INFORMATION GIVEN Start Marker
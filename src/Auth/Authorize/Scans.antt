-- ===== src/Auth/Authorize/Scans.antt =====
-- What a SCAN that crates/server/src/server/authorization.rs lets through reads of the engine.
use vaylix.Prelude.{
  ℕ, zero, suc, ◌+◌, ◌-◌, ◌≡◌, refl, ◌∙◌, sym, String, Bool, true, false, Option, none, some, List,
  [], ◌∷◌, ok, All, keep, take, drop, min, length, leb, arith, Bool-cases, inl, inr,
}
use vaylix.Engine.Command.{Command}
use vaylix.Engine.Wildcard.{chars, wildcard_matches}
use vaylix.Engine.Wildcard.Glob.{glob, wildcard_matches-glob}
use vaylix.Engine.Scan.{matching, scan_limit, scan_page}
use vaylix.Auth.Pattern.Globs.{IsSimple, pattern_covers-glob}
use vaylix.Auth.Grants.{
  Permission, PermissionGrant, Identity, allows_key, allows_pattern, any_matches, any_covers,
}
use vaylix.Auth.Authorize.{
  authorize_command, command_permission, command_pattern, command_keys, permitted, keyless_allowed,
  or_star,
}

abbrev pub IsSimpleGrant : PermissionGrant → Type 0
IsSimpleGrant g = IsSimple (chars g.pattern)

any_covers-matches :
    (permission : Permission) (requested key : List ℕ) (grants : List PermissionGrant)
    → All IsSimpleGrant grants
    → glob requested key ≡ true
    → any_covers permission requested grants ≡ true
    → any_matches permission key grants ≡ true
unfolding any_covers any_matches
any_covers-matches permission requested key [] simple g h = cc
any_covers-matches permission requested key (grant ∷ grants) simple g h = ground (
  arith,
  pattern_covers-glob requested key simple.0,
  any_covers-matches permission requested key grants simple.1 g,
)

allows_pattern-key :
    (identity : Identity) (permission : Permission) (pattern key : String)
    → All IsSimpleGrant identity.grants
    → allows_pattern identity permission pattern ≡ true
    → wildcard_matches pattern key ≡ true
    → allows_key identity permission key ≡ true
unfolding allows_pattern allows_key
allows_pattern-key identity permission pattern key simple h m =
    let g : glob (chars pattern) (chars key) ≡ true = sym (wildcard_matches-glob pattern key) ∙ m in
    ground
      (arith, h, any_covers-matches permission (chars pattern) (chars key) identity.grants simple g)

abbrev Readable : Identity → String → Type 0
Readable identity key = allows_key identity Permission.read key ≡ true

module _ {A : Type 0} (P : A → Type 0) where
  kept :
      (t : Bool) (x : A) (rest : List A)
      → (t ≡ true → P x)
      → All P rest
      → All P (elim t [ true ↦ x ∷ rest | false ↦ rest ])
  kept true x rest h r = (h refl, r)
  kept false x rest h r = r

  All-keep :
      (test : A → Bool) (xs : List A) → ((x : A) → test x ≡ true → P x) → All P (keep test xs)
  All-keep test [] h = tt
  All-keep test (x ∷ xs) h = kept (test x) x (keep test xs) (h x) (All-keep test xs h)

  All-take : (n : ℕ) (xs : List A) → All P xs → All P (take n xs)
  All-take zero xs h = tt
  All-take (suc n) [] h = tt
  All-take (suc n) (x ∷ xs) h = (h.0, All-take n xs h.1)

  All-drop : (n : ℕ) (xs : List A) → All P xs → All P (drop n xs)
  All-drop zero xs h = h
  All-drop (suc n) [] h = tt
  All-drop (suc n) (x ∷ xs) h = All-drop n xs h.1

scan_page-All :
    (P : String → Type 0) (cursor : ℕ) (count : Option ℕ) (keys : List String)
    → All P keys
    → All P (scan_page cursor count keys).keys
unfolding scan_page
scan_page-All P cursor count keys h =
    let next = min (cursor + scan_limit count) (length keys) in
    let page = All-take P (next - cursor) (drop cursor keys) (All-drop P cursor keys h) in
    elim (Bool-cases (leb (length keys) cursor)) [ inl e ↦ rw (e) tt | inr n ↦ rw (n) page ]

star_matches_all : (key : List ℕ) → glob (chars "*") key ≡ true
unfolding glob chars
star_matches_all [] = refl
star_matches_all (t ∷ key) = ground (arith, star_matches_all key)

-- A SCAN with no pattern is one with the pattern `*`.
matching-Readable :
    (identity : Identity) (pattern : Option String) (keys : List String)
    → All IsSimpleGrant identity.grants
    → allows_pattern identity Permission.read (or_star pattern) ≡ true
    → All (Readable identity) (matching pattern keys)
unfolding matching
matching-Readable identity (some pattern) keys simple h =
    All-keep (Readable identity) (wildcard_matches pattern) keys
      λ key. allows_pattern-key identity Permission.read pattern key simple h
matching-Readable identity none keys simple h = all keys
  where
    all : (keys : List String) → All (Readable identity) keys
    all [] = tt
    all (key ∷ keys) = (
      allows_pattern-key identity Permission.read "*" key simple h
          (wildcard_matches-glob "*" key ∙ star_matches_all (chars key)),
      all keys,
    )

authorized-allows_pattern :
    (identity : Identity) (cursor : ℕ) (pattern : Option String) (count : Option ℕ)
    → authorize_command (Command.scan cursor pattern count) (some identity) ≡ ok tt
    → allows_pattern identity Permission.read (or_star pattern) ≡ true
unfolding authorize_command command_permission command_pattern command_keys permitted
    keyless_allowed
authorized-allows_pattern identity cursor pattern count h = ground (arith, h)

-- Every key of the page that an authorized SCAN answers is a key that the identity may read, if each
-- of its grants is a key without star and question mark, or such a text with one star behind it. A
-- grant with a question mark is left out: for it this does not hold, since SCAN takes the mark for any
-- character and the check of a key does not.
pub authorize_command-scan_page :
    (identity : Identity) (cursor : ℕ) (pattern : Option String) (count : Option ℕ)
    (keys : List String)
    → All IsSimpleGrant identity.grants
    → authorize_command (Command.scan cursor pattern count) (some identity) ≡ ok tt
    → All
        (λ key. allows_key identity Permission.read key ≡ true)
        (scan_page cursor count (matching pattern keys)).keys
authorize_command-scan_page identity cursor pattern count keys simple h =
    scan_page-All (Readable identity) cursor count (matching pattern keys) (
      matching-Readable identity pattern keys simple
        (authorized-allows_pattern identity cursor pattern count h))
INFORMATION GIVEN End Marker
TASK REQUIREMENTS:
What is needed is each line of the entries that contains the word "question".

TASK RESPONSE:
-- of its grants is a key without star and question mark, or such a text with one star behind it. A
-- grant with a question mark is left out: for it this does not hold, since SCAN takes the mark for any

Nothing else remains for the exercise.